Copy exactly the stretch of data below from the line with "name = r.name;" through the line with "capture_bodies = or_else", including both of those lines.

☆ ☆ ☆

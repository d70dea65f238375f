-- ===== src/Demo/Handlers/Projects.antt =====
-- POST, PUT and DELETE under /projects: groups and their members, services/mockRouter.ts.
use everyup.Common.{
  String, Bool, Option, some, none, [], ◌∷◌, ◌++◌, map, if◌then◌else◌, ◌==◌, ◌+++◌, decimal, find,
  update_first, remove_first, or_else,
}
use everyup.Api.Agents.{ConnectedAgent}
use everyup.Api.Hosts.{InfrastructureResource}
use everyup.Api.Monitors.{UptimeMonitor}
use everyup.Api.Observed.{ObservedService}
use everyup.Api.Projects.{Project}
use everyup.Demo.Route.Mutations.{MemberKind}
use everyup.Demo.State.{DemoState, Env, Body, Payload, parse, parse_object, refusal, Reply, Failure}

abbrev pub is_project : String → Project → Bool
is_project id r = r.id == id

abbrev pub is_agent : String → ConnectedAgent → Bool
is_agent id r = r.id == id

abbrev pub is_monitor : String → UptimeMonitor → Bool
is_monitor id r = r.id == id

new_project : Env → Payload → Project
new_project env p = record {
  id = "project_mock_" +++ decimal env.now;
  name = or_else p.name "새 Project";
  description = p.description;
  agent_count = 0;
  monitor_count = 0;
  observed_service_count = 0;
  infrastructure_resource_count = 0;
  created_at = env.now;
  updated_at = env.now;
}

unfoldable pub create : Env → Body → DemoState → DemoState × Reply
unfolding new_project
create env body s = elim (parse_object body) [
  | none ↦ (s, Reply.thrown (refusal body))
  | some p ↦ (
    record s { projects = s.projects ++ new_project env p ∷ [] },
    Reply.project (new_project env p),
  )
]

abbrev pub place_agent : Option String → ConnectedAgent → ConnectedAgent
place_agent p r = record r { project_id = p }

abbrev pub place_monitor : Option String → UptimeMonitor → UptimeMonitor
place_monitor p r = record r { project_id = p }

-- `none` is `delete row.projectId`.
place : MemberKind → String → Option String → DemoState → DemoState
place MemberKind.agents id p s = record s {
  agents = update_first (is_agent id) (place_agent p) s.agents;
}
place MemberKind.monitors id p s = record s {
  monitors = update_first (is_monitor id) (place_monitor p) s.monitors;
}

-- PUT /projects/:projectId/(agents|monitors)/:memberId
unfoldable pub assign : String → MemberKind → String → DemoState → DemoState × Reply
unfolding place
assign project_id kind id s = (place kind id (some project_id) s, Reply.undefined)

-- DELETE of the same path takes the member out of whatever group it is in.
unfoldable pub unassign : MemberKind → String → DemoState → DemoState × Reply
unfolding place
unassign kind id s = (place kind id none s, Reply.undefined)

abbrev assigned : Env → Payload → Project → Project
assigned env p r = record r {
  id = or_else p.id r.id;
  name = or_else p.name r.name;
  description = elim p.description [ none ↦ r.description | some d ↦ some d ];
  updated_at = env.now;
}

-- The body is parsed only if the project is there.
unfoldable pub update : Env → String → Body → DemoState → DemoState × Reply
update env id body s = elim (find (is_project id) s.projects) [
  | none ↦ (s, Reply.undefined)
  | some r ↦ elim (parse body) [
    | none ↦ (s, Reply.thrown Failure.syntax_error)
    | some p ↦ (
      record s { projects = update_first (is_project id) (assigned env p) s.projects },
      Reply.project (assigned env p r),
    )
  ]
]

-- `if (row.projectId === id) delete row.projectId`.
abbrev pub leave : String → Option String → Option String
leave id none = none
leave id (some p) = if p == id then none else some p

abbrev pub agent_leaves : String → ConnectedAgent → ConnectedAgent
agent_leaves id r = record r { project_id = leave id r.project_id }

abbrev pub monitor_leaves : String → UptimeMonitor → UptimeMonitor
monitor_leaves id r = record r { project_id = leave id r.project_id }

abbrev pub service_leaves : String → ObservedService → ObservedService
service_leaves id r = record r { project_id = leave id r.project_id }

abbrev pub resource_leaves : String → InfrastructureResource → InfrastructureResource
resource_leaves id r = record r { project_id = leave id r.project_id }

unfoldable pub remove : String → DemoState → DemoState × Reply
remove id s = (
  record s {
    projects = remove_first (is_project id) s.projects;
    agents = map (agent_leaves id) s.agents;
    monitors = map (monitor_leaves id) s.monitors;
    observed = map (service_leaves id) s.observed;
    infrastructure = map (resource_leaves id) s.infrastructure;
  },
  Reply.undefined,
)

☆ ☆ ☆

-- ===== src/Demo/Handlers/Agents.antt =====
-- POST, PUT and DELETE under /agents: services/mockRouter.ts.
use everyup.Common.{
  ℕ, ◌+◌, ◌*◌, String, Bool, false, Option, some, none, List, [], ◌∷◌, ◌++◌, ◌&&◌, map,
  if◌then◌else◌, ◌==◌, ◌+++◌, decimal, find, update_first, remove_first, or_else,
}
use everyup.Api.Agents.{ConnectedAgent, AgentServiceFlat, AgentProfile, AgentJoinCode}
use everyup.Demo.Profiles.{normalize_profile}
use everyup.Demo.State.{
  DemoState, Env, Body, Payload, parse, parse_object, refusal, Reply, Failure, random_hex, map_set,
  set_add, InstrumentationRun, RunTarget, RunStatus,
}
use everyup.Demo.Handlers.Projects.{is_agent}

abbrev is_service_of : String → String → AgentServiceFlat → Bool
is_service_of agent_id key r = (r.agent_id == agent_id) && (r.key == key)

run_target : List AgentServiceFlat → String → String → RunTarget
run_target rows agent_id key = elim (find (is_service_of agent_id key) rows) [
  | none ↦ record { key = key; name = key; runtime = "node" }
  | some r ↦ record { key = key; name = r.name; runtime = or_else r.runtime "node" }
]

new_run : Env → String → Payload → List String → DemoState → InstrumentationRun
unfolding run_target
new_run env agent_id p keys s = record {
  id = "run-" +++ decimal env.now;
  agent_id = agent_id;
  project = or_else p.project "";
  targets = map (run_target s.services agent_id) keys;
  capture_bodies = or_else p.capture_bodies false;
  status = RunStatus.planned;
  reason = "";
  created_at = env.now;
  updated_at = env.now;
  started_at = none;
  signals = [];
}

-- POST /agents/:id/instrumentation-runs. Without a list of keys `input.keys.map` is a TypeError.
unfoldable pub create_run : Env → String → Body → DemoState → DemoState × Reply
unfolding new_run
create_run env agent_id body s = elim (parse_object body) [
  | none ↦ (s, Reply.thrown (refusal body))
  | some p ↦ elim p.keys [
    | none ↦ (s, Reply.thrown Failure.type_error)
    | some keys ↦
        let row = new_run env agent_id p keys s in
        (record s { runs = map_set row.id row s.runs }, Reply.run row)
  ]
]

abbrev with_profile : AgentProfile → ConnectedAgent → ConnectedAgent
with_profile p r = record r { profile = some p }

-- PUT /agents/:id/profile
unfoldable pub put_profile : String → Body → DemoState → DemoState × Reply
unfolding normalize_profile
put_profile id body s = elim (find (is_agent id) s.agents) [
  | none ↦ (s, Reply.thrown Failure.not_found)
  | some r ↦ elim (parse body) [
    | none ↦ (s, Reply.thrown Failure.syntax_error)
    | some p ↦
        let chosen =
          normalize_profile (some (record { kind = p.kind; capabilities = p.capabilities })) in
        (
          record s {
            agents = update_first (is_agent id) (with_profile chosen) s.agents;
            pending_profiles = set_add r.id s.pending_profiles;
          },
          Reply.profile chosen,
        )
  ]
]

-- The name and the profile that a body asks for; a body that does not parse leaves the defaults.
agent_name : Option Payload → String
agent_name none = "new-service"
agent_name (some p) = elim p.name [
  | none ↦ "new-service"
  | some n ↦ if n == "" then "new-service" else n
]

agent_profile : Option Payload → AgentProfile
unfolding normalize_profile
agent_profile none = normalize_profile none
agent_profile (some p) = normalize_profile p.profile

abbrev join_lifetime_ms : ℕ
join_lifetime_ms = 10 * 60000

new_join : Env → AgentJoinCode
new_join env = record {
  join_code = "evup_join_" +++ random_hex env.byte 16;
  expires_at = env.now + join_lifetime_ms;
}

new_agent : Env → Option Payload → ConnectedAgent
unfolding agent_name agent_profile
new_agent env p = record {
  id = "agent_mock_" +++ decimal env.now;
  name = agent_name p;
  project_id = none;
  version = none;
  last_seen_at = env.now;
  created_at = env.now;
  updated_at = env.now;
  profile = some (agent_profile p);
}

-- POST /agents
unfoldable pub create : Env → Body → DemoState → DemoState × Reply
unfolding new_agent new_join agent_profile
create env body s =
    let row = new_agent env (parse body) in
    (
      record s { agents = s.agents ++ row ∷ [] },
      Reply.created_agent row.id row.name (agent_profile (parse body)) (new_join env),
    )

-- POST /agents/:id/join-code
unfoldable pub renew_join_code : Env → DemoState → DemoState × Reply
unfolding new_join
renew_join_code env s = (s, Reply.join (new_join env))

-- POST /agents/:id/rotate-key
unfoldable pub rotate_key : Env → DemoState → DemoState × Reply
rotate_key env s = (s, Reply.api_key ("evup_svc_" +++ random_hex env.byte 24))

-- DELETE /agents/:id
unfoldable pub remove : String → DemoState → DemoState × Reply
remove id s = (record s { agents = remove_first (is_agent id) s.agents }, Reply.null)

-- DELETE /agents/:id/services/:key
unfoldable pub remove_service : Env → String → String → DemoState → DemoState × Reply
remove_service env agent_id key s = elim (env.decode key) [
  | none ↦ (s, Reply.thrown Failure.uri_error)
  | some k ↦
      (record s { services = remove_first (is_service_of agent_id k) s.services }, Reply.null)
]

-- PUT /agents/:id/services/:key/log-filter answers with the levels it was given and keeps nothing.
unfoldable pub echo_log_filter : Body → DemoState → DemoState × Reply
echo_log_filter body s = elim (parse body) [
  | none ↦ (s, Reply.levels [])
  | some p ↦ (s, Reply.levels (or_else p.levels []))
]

☆ ☆ ☆

REPLY TO THE EXERCISE ->
  | some r ↦ record { key = key; name = r.name; runtime = or_else r.runtime "node" }
]

new_run : Env → String → Payload → List String → DemoState → InstrumentationRun
unfolding run_target
new_run env agent_id p keys s = record {
  id = "run-" +++ decimal env.now;
  agent_id = agent_id;
  project = or_else p.project "";
  targets = map (run_target s.services agent_id) keys;
  capture_bodies = or_else p.capture_bodies false;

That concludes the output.